→ **What you are asked to do**: Every record must be copied exactly.

→ **Material for this exercise**:
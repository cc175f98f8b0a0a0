-- ===== src/Waeio/Rounds.antt =====
-- src/waeio.c: the rounds of the scheduler.
use waeio.Prelude.{
  ℕ, zero, suc, ◌≡◌, refl, sym, ◌∙◌, ap, subst, Bool, true, false, ℤ, pos, List, [], Option, some,
  none, Outcome, done, fault,
}
use waeio.Wasio.{ok, Host}
use waeio.Wasio.Table.{State, wasio_poll}
use waeio.Waeio.{
  FiberResult, fiber_yield, quit, FiberClosure, Queue, nil, wild, node, Fibers, Ctl, queue_swap,
  handle_cmd, handle_request, run_ready, run_events, poll_events, run_next, scheduling_loop,
  with_wasio,
}
use waeio.Waeio.Requeueing.{
  queued, reverse_onto, IsEnded, AllSuspend, resumed, run_ready-node, run_ready_suspends,
}

module _ {W M : Type 0} (lib : Fibers W M) where
  module _ (host : Host W) (event_foreach : State W → ℕ → List ℕ) (status_address : ℤ)
      (uninit : ℕ) where
    abbrev round : Ctl W M → Outcome (Bool × Ctl W M)
    round = run_next lib host event_foreach status_address uninit

    -- The poll succeeds, and the macro visits the descriptors `vfds`.
    pub record Polls (w : State W) (vfds : List ℕ) : Type 0 where
      pub nready : ℕ
      pub after : State W
      pub answers : wasio_poll host w uninit (pos 0) ≡ (ok, nready, after)
      pub visits : event_foreach after nready ≡ vfds

    -- The poll succeeds in every state, and nothing is ready.
    unfoldable pub PollsNothing : Type 0
    PollsNothing = (w : State W) → Polls w []

    run_next-quiet :
        (ctl ctl' : Ctl W M) (keep_going : Bool) (status : Option FiberResult)
        → run_ready lib ctl.frontq ctl none ≡ done (keep_going, status, ctl')
        → (p : Polls ctl'.wasio [])
        → round ctl ≡ done (keep_going, with_wasio (queue_swap ctl') p.after)
    unfolding run_next poll_events run_events queue_swap
    run_next-quiet ctl ctl' keep_going status e p = rw (e, p.answers, p.visits)

    -- A round that resumes each fiber of the front queue, where the next round finds them.
    pub record Rotated (ctl : Ctl W M) : Type 0 where
      pub after : Ctl W M
      pub returns : round ctl ≡ done (true, after)
      pub reversed : queued after.frontq ≡ reverse_onto (queued ctl.frontq) []
      pub ended : IsEnded after.frontq
      pub emptied : after.rearq ≡ nil
      pub same_nconns : after.nconns ≡ ctl.nconns

    -- When fibers only suspend themselves, every poll succeeds with nothing ready, the front queue
    -- ends with NULL and the rear queue is empty: a round loses no fiber. It leaves the fibers of
    -- this round in the front queue, in the opposite order, with an empty rear queue and the same
    -- count of connections, and goes on.
    pub run_next_suspends :
        (ctl : Ctl W M)
        → AllSuspend lib
        → PollsNothing
        → IsEnded ctl.frontq
        → ctl.rearq ≡ nil
        → Rotated ctl
    unfolding queue_swap PollsNothing IsEnded queued
    run_next_suspends ctl all quiet ended rear =
        let x =
          run_ready_suspends lib ctl.frontq ctl none all ended (subst IsEnded (sym rear) tt) refl in
        let p = quiet x.after.wasio in
        record {
          after = with_wasio (queue_swap x.after) p.after;
          returns = run_next-quiet ctl x.after true x.last x.returns p;
          reversed = x.reversed ∙ ap (λ r. reverse_onto (queued ctl.frontq) (queued r)) rear;
          ended = x.ended;
          emptied = x.emptied;
          same_nconns = x.same_nconns;
        }

    -- Once both queues are empty, and while every poll succeeds with nothing ready, the scheduling
    -- loop has not ended after any number of rounds: no fiber is left to send QUIT.
    pub scheduling_loop_idle :
        (fuel : ℕ) (ctl : Ctl W M)
        → PollsNothing
        → ctl.frontq ≡ nil
        → ctl.rearq ≡ nil
        → scheduling_loop lib host event_foreach status_address fuel uninit ctl ≡ done none
    unfolding scheduling_loop PollsNothing
    scheduling_loop_idle zero ctl quiet front rear = refl
    scheduling_loop_idle (suc fuel) ctl quiet front rear =
        let e : run_ready lib ctl.frontq ctl none ≡ done (true, none, ctl) =
          unfold run_ready in rw front in
        let p = quiet ctl.wasio in
        let rest =
          scheduling_loop_idle fuel (with_wasio (queue_swap ctl) p.after) quiet
            (unfold queue_swap in rear) (unfold queue_swap in front) in
        rw (run_next-quiet ctl ctl true none e p) rest

    -- The front queue has one node, whose next pointer was never set. If the fiber of the node is
    -- resumed, and its request is handled and does not stop the loop, the round goes on to that
    -- pointer: an access that C leaves undefined.
    pub run_next_wild :
        (ctl : Ctl W M) (fiber : ℕ) (arg : ℤ) (ctl' : Ctl W M)
        → ctl.frontq ≡ node (record { fiber = fiber; arg = arg }) wild
        → (let r = lib.fiber_resume ctl.memory ctl.wasio fiber arg in
            handle_request lib
              (resumed lib ctl (record { fiber = fiber; arg = arg }) wild)
              fiber
              r.status
              r.payload
            ≡ done (true, ctl'))
        → round ctl ≡ fault
    unfolding run_next
    run_next_wild ctl fiber arg ctl' front handled =
        rw
          (
            front,
            run_ready-node lib (record { fiber = fiber; arg = arg }) wild ctl none _ _ refl refl,
            handled,
          )
          (unfold run_ready in refl)

    -- When the fiber at the head of the front queue yields QUIT, and the poll succeeds with nothing
    -- ready, the scheduling loop ends with this round. The fibers behind it were not resumed: the
    -- memory is as the one fiber left it, and they are left in a queue.
    pub scheduling_loop_quit :
        (ctl : Ctl W M) (clo : FiberClosure) (q : Queue) (fuel : ℕ)
        → ctl.frontq ≡ node clo q
        → (lib.fiber_resume ctl.memory ctl.wasio clo.fiber clo.arg).status ≡ fiber_yield
        → (lib.fiber_resume ctl.memory ctl.wasio clo.fiber clo.arg).payload.tag ≡ quit
        → PollsNothing
        → (after : Ctl W M) × (scheduling_loop lib host event_foreach status_address
              (suc fuel)
              uninit
              ctl
            ≡ done (some after))
          × (after.rearq ≡ q)
          × (after.memory ≡ (lib.fiber_resume ctl.memory ctl.wasio clo.fiber clo.arg).memory)
    unfolding scheduling_loop PollsNothing
    scheduling_loop_quit ctl clo q fuel front yielded tag quiet =
        let e : run_ready lib ctl.frontq ctl none
            ≡ done (false, some fiber_yield, resumed lib ctl clo q) =
          rw (front, run_ready-node lib clo q ctl none _ _ yielded refl)
            (unfold handle_request handle_cmd in rw tag) in
        let p = quiet (resumed lib ctl clo q).wasio in
        (
          with_wasio (queue_swap (resumed lib ctl clo q)) p.after,
          rw (run_next-quiet ctl (resumed lib ctl clo q) false (some fiber_yield) e p),
          unfold queue_swap in refl,
          unfold queue_swap in refl,
        )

→ **Task answer**:
repository cc175f98f8b0a0a0
-- ===== src/Waeio/Rounds.antt =====
-- src/waeio.c: the rounds of the scheduler.
use waeio.Prelude.{
  ℕ, zero, suc, ◌≡◌, refl, sym, ◌∙◌, ap, subst, Bool, true, false, ℤ, pos, List, [], Option, some,
  none, Outcome, done, fault,
}
use waeio.Wasio.{ok, Host}
use waeio.Wasio.Table.{State, wasio_poll}
use waeio.Waeio.{
  FiberResult, fiber_yield, quit, FiberClosure, Queue, nil, wild, node, Fibers, Ctl, queue_swap,
  handle_cmd, handle_request, run_ready, run_events, poll_events, run_next, scheduling_loop,
  with_wasio,
}
use waeio.Waeio.Requeueing.{
  queued, reverse_onto, IsEnded, AllSuspend, resumed, run_ready-node, run_ready_suspends,
}

module _ {W M : Type 0} (lib : Fibers W M) where
  module _ (host : Host W) (event_foreach : State W → ℕ → List ℕ) (status_address : ℤ)
      (uninit : ℕ) where
    abbrev round : Ctl W M → Outcome (Bool × Ctl W M)
    round = run_next lib host event_foreach status_address uninit

    -- The poll succeeds, and the macro visits the descriptors `vfds`.
    pub record Polls (w : State W) (vfds : List ℕ) : Type 0 where
      pub nready : ℕ
      pub after : State W
      pub answers : wasio_poll host w uninit (pos 0) ≡ (ok, nready, after)
      pub visits : event_foreach after nready ≡ vfds

    -- The poll succeeds in every state, and nothing is ready.
    unfoldable pub PollsNothing : Type 0
    PollsNothing = (w : State W) → Polls w []

    run_next-quiet :
        (ctl ctl' : Ctl W M) (keep_going : Bool) (status : Option FiberResult)
        → run_ready lib ctl.frontq ctl none ≡ done (keep_going, status, ctl')
        → (p : Polls ctl'.wasio [])
        → round ctl ≡ done (keep_going, with_wasio (queue_swap ctl') p.after)
    unfolding run_next poll_events run_events queue_swap
    run_next-quiet ctl ctl' keep_going status e p = rw (e, p.answers, p.visits)

    -- A round that resumes each fiber of the front queue, where the next round finds them.
    pub record Rotated (ctl : Ctl W M) : Type 0 where
      pub after : Ctl W M
      pub returns : round ctl ≡ done (true, after)
      pub reversed : queued after.frontq ≡ reverse_onto (queued ctl.frontq) []
      pub ended : IsEnded after.frontq
      pub emptied : after.rearq ≡ nil
      pub same_nconns : after.nconns ≡ ctl.nconns

    -- When fibers only suspend themselves, every poll succeeds with nothing ready, the front queue
    -- ends with NULL and the rear queue is empty: a round loses no fiber. It leaves the fibers of
    -- this round in the front queue, in the opposite order, with an empty rear queue and the same
    -- count of connections, and goes on.
    pub run_next_suspends :
        (ctl : Ctl W M)
        → AllSuspend lib
        → PollsNothing
        → IsEnded ctl.frontq
        → ctl.rearq ≡ nil
        → Rotated ctl
    unfolding queue_swap PollsNothing IsEnded queued
    run_next_suspends ctl all quiet ended rear =
        let x =
          run_ready_suspends lib ctl.frontq ctl none all ended (subst IsEnded (sym rear) tt) refl in
        let p = quiet x.after.wasio in
        record {
          after = with_wasio (queue_swap x.after) p.after;
          returns = run_next-quiet ctl x.after true x.last x.returns p;
          reversed = x.reversed ∙ ap (λ r. reverse_onto (queued ctl.frontq) (queued r)) rear;
          ended = x.ended;
          emptied = x.emptied;
          same_nconns = x.same_nconns;
        }

    -- Once both queues are empty, and while every poll succeeds with nothing ready, the scheduling
    -- loop has not ended after any number of rounds: no fiber is left to send QUIT.
    pub scheduling_loop_idle :
        (fuel : ℕ) (ctl : Ctl W M)
        → PollsNothing
        → ctl.frontq ≡ nil
        → ctl.rearq ≡ nil
        → scheduling_loop lib host event_foreach status_address fuel uninit ctl ≡ done none
    unfolding scheduling_loop PollsNothing
    scheduling_loop_idle zero ctl quiet front rear = refl
    scheduling_loop_idle (suc fuel) ctl quiet front rear =
        let e : run_ready lib ctl.frontq ctl none ≡ done (true, none, ctl) =
          unfold run_ready in rw front in
        let p = quiet ctl.wasio in
        let rest =
          scheduling_loop_idle fuel (with_wasio (queue_swap ctl) p.after) quiet
            (unfold queue_swap in rear) (unfold queue_swap in front) in
        rw (run_next-quiet ctl ctl true none e p) rest

    -- The front queue has one node, whose next pointer was never set. If the fiber of the node is
    -- resumed, and its request is handled and does not stop the loop, the round goes on to that
    -- pointer: an access that C leaves undefined.
    pub run_next_wild :
        (ctl : Ctl W M) (fiber : ℕ) (arg : ℤ) (ctl' : Ctl W M)
        → ctl.frontq ≡ node (record { fiber = fiber; arg = arg }) wild
        → (let r = lib.fiber_resume ctl.memory ctl.wasio fiber arg in
            handle_request lib
              (resumed lib ctl (record { fiber = fiber; arg = arg }) wild)
              fiber
              r.status
              r.payload
            ≡ done (true, ctl'))
        → round ctl ≡ fault
    unfolding run_next
    run_next_wild ctl fiber arg ctl' front handled =
        rw
          (
            front,
            run_ready-node lib (record { fiber = fiber; arg = arg }) wild ctl none _ _ refl refl,
            handled,
          )
          (unfold run_ready in refl)

    -- When the fiber at the head of the front queue yields QUIT, and the poll succeeds with nothing
    -- ready, the scheduling loop ends with this round. The fibers behind it were not resumed: the
    -- memory is as the one fiber left it, and they are left in a queue.
    pub scheduling_loop_quit :
        (ctl : Ctl W M) (clo : FiberClosure) (q : Queue) (fuel : ℕ)
        → ctl.frontq ≡ node clo q
        → (lib.fiber_resume ctl.memory ctl.wasio clo.fiber clo.arg).status ≡ fiber_yield
        → (lib.fiber_resume ctl.memory ctl.wasio clo.fiber clo.arg).payload.tag ≡ quit
        → PollsNothing
        → (after : Ctl W M) × (scheduling_loop lib host event_foreach status_address
              (suc fuel)
              uninit
              ctl
            ≡ done (some after))
          × (after.rearq ≡ q)
          × (after.memory ≡ (lib.fiber_resume ctl.memory ctl.wasio clo.fiber clo.arg).memory)
    unfolding scheduling_loop PollsNothing
    scheduling_loop_quit ctl clo q fuel front yielded tag quiet =
        let e : run_ready lib ctl.frontq ctl none
            ≡ done (false, some fiber_yield, resumed lib ctl clo q) =
          rw (front, run_ready-node lib clo q ctl none _ _ yielded refl)
            (unfold handle_request handle_cmd in rw tag) in
        let p = quiet (resumed lib ctl clo q).wasio in
        (
          with_wasio (queue_swap (resumed lib ctl clo q)) p.after,
          rw (run_next-quiet ctl (resumed lib ctl clo q) false (some fiber_yield) e p),
          unfold queue_swap in refl,
          unfold queue_swap in refl,
        )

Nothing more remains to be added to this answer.